[Records from a data collection]
****************************************

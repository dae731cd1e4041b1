-- ===== src/Snapshot/Valuation.antt =====
-- market_price/service.py and portfolio/snapshot_service.py: the values of the holdings in a batch, and
-- the balances of the accounts.
use household_back.Base.{
  ℤ, ◌+ℤ◌, All, sum_by, ℕ, String, ◌≡◌, refl, sym, ap, ◌∙◌, Bool, some, List, [], ◌∷◌, ◌++◌,
}
use household_back.Core.{Date, month_first}
use household_back.Model.{Account, Db}
use household_back.Paging.{Distinct, All-map}
use household_back.Keys.{All-both}
use household_back.Portfolio.Repository.{trade_sums_for_account}
use household_back.Transaction.Sums.{sum_for_account}
use household_back.Transaction.Ledger.{cash_flow}
use household_back.Account.Balance.{micro, trade_cash}
use household_back.Snapshot.Holdings.{
  Holding, Valued, asof_holdings_by_account, value_holdings_at_month, valued_of, asof_summary,
  investment_balance_on,
}
use household_back.Snapshot.Histories.{holdings_of, all_holdings}
use household_back.Snapshot.Prices.{worth, item_of, value_holdings_lem}

sum_by_same :
    (f g : Holding → ℤ) (hs : List Holding) → All (λ h. f h ≡ g h) hs → sum_by f hs ≡ sum_by g hs
sum_by_same f g [] e = refl
sum_by_same f g (h ∷ hs) e = rw (e.0, sum_by_same f g hs e.1) refl

abbrev worth_in : List (ℕ × Valued) → Holding → ℤ
worth_in valued h = (valued_of h.item_id valued).valuation

same_sum :
    (month : Date) (db : Db) (hs batch : List Holding)
    → Distinct item_of hs
    → All
        (λ (h : Holding).
          valued_of h.item_id (value_holdings_at_month batch month db) ≡ worth month db h)
        hs
    → sum_by (worth_in (value_holdings_at_month hs month db)) hs
      ≡ sum_by (worth_in (value_holdings_at_month batch month db)) hs
same_sum month db hs batch d every =
    sum_by_same (worth_in (value_holdings_at_month hs month db))
      (worth_in (value_holdings_at_month batch month db)) hs
      (All-map
        (λ (h : Holding).
          (valued_of h.item_id (value_holdings_at_month hs month db) ≡ worth month db h)
          × (valued_of h.item_id (value_holdings_at_month batch month db) ≡ worth month db h))
        _ (λ h q. ap (λ (v : Valued). v.valuation) (q.0 ∙ sym q.1)) hs
        (All-both _ _ hs (value_holdings_lem month db hs d) every))

All-left : {A : Type 0} (P : A → Type 0) (xs ys : List A) → All P (xs ++ ys) → All P xs
All-left P [] ys h = tt
All-left P (x ∷ xs) ys h = (h.0, All-left P xs ys h.1)

All-right : {A : Type 0} (P : A → Type 0) (xs ys : List A) → All P (xs ++ ys) → All P ys
All-right P [] ys h = h
All-right P (x ∷ xs) ys h = All-right P xs ys h.1

Distinct-left : (xs ys : List Holding) → Distinct item_of (xs ++ ys) → Distinct item_of xs
Distinct-left [] ys d = tt
Distinct-left (x ∷ xs) ys d = (All-left _ xs ys d.0, Distinct-left xs ys d.1)

Distinct-right : (xs ys : List Holding) → Distinct item_of (xs ++ ys) → Distinct item_of ys
Distinct-right [] ys d = d
Distinct-right (x ∷ xs) ys d = Distinct-right xs ys d.1

module _ (le : String → String → Bool) (as_of : Date) (db : Db) where
  -- the holdings of one listed account, with what holds of all of them
  per_account :
      (P : Holding → Type 0) (accounts : List Account)
      → Distinct item_of (all_holdings (holdings_of le accounts as_of db))
      → All P (all_holdings (holdings_of le accounts as_of db))
      → All
          (λ (a : Account).
            Distinct item_of (asof_holdings_by_account le a.id as_of db)
            × All P (asof_holdings_by_account le a.id as_of db))
          accounts
  unfolding holdings_of
  per_account P [] d h = tt
  per_account P (a ∷ accounts) d h = (
    (Distinct-left _ _ d, All-left P _ _ h),
    per_account P accounts (Distinct-right _ _ d) (All-right P _ _ h),
  )

  -- the cash of an account on the day
  abbrev account_cash : Account → ℤ
  account_cash a =
      trade_cash (micro (cash_flow a.start_balance (sum_for_account a.id (some as_of) db)))
        (trade_sums_for_account a.id (some as_of) db)

  -- the balance of an account from the values that the batch of the household stores
  abbrev pub balance_from : List Account → Account → ℤ
  balance_from accounts a =
      let valued =
        value_holdings_at_month (all_holdings (holdings_of le accounts as_of db))
          (month_first as_of) db in
      account_cash a
      +ℤ sum_by (λ (h : Holding). (valued_of h.item_id valued).valuation)
          (asof_holdings_by_account le a.id as_of db)

  -- If the holdings that a list of accounts had on a day are of different items, the balance of
  -- each as an investment account on that day is its cash and the sum of the values that one batch
  -- over the holdings of all the accounts gives its holdings.
  pub investment_balance_on-value_holdings_at_month :
      (accounts : List Account)
      → Distinct item_of (all_holdings (holdings_of le accounts as_of db))
      → All
          (λ (a : Account). (investment_balance_on le a as_of db).balance ≡ balance_from accounts a)
          accounts
  unfolding investment_balance_on asof_summary
  investment_balance_on-value_holdings_at_month accounts d =
      All-map _ _
        (λ a p. ap (◌+ℤ◌ (account_cash a)) (
          same_sum (month_first as_of) db (asof_holdings_by_account le a.id as_of db)
            (all_holdings (holdings_of le accounts as_of db)) p.0 p.1))
        accounts (per_account _ accounts d (value_holdings_lem (month_first as_of) db _ d))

****************************************

_What to do_
An exact copy of all the records is the only acceptable answer.

_Exercise result_
repository dae731cd1e4041b1
-- ===== src/Snapshot/Valuation.antt =====
-- market_price/service.py and portfolio/snapshot_service.py: the values of the holdings in a batch, and
-- the balances of the accounts.
use household_back.Base.{
  ℤ, ◌+ℤ◌, All, sum_by, ℕ, String, ◌≡◌, refl, sym, ap, ◌∙◌, Bool, some, List, [], ◌∷◌, ◌++◌,
}
use household_back.Core.{Date, month_first}
use household_back.Model.{Account, Db}
use household_back.Paging.{Distinct, All-map}
use household_back.Keys.{All-both}
use household_back.Portfolio.Repository.{trade_sums_for_account}
use household_back.Transaction.Sums.{sum_for_account}
use household_back.Transaction.Ledger.{cash_flow}
use household_back.Account.Balance.{micro, trade_cash}
use household_back.Snapshot.Holdings.{
  Holding, Valued, asof_holdings_by_account, value_holdings_at_month, valued_of, asof_summary,
  investment_balance_on,
}
use household_back.Snapshot.Histories.{holdings_of, all_holdings}
use household_back.Snapshot.Prices.{worth, item_of, value_holdings_lem}

sum_by_same :
    (f g : Holding → ℤ) (hs : List Holding) → All (λ h. f h ≡ g h) hs → sum_by f hs ≡ sum_by g hs
sum_by_same f g [] e = refl
sum_by_same f g (h ∷ hs) e = rw (e.0, sum_by_same f g hs e.1) refl

abbrev worth_in : List (ℕ × Valued) → Holding → ℤ
worth_in valued h = (valued_of h.item_id valued).valuation

same_sum :
    (month : Date) (db : Db) (hs batch : List Holding)
    → Distinct item_of hs
    → All
        (λ (h : Holding).
          valued_of h.item_id (value_holdings_at_month batch month db) ≡ worth month db h)
        hs
    → sum_by (worth_in (value_holdings_at_month hs month db)) hs
      ≡ sum_by (worth_in (value_holdings_at_month batch month db)) hs
same_sum month db hs batch d every =
    sum_by_same (worth_in (value_holdings_at_month hs month db))
      (worth_in (value_holdings_at_month batch month db)) hs
      (All-map
        (λ (h : Holding).
          (valued_of h.item_id (value_holdings_at_month hs month db) ≡ worth month db h)
          × (valued_of h.item_id (value_holdings_at_month batch month db) ≡ worth month db h))
        _ (λ h q. ap (λ (v : Valued). v.valuation) (q.0 ∙ sym q.1)) hs
        (All-both _ _ hs (value_holdings_lem month db hs d) every))

All-left : {A : Type 0} (P : A → Type 0) (xs ys : List A) → All P (xs ++ ys) → All P xs
All-left P [] ys h = tt
All-left P (x ∷ xs) ys h = (h.0, All-left P xs ys h.1)

All-right : {A : Type 0} (P : A → Type 0) (xs ys : List A) → All P (xs ++ ys) → All P ys
All-right P [] ys h = h
All-right P (x ∷ xs) ys h = All-right P xs ys h.1

Distinct-left : (xs ys : List Holding) → Distinct item_of (xs ++ ys) → Distinct item_of xs
Distinct-left [] ys d = tt
Distinct-left (x ∷ xs) ys d = (All-left _ xs ys d.0, Distinct-left xs ys d.1)

Distinct-right : (xs ys : List Holding) → Distinct item_of (xs ++ ys) → Distinct item_of ys
Distinct-right [] ys d = d
Distinct-right (x ∷ xs) ys d = Distinct-right xs ys d.1

module _ (le : String → String → Bool) (as_of : Date) (db : Db) where
  -- the holdings of one listed account, with what holds of all of them
  per_account :
      (P : Holding → Type 0) (accounts : List Account)
      → Distinct item_of (all_holdings (holdings_of le accounts as_of db))
      → All P (all_holdings (holdings_of le accounts as_of db))
      → All
          (λ (a : Account).
            Distinct item_of (asof_holdings_by_account le a.id as_of db)
            × All P (asof_holdings_by_account le a.id as_of db))
          accounts
  unfolding holdings_of
  per_account P [] d h = tt
  per_account P (a ∷ accounts) d h = (
    (Distinct-left _ _ d, All-left P _ _ h),
    per_account P accounts (Distinct-right _ _ d) (All-right P _ _ h),
  )

  -- the cash of an account on the day
  abbrev account_cash : Account → ℤ
  account_cash a =
      trade_cash (micro (cash_flow a.start_balance (sum_for_account a.id (some as_of) db)))
        (trade_sums_for_account a.id (some as_of) db)

  -- the balance of an account from the values that the batch of the household stores
  abbrev pub balance_from : List Account → Account → ℤ
  balance_from accounts a =
      let valued =
        value_holdings_at_month (all_holdings (holdings_of le accounts as_of db))
          (month_first as_of) db in
      account_cash a
      +ℤ sum_by (λ (h : Holding). (valued_of h.item_id valued).valuation)
          (asof_holdings_by_account le a.id as_of db)

  -- If the holdings that a list of accounts had on a day are of different items, the balance of
  -- each as an investment account on that day is its cash and the sum of the values that one batch
  -- over the holdings of all the accounts gives its holdings.
  pub investment_balance_on-value_holdings_at_month :
      (accounts : List Account)
      → Distinct item_of (all_holdings (holdings_of le accounts as_of db))
      → All
          (λ (a : Account). (investment_balance_on le a as_of db).balance ≡ balance_from accounts a)
          accounts
  unfolding investment_balance_on asof_summary
  investment_balance_on-value_holdings_at_month accounts d =
      All-map _ _
        (λ a p. ap (◌+ℤ◌ (account_cash a)) (
          same_sum (month_first as_of) db (asof_holdings_by_account le a.id as_of db)
            (all_holdings (holdings_of le accounts as_of db)) p.0 p.1))
        accounts (per_account _ accounts d (value_holdings_lem (month_first as_of) db _ d))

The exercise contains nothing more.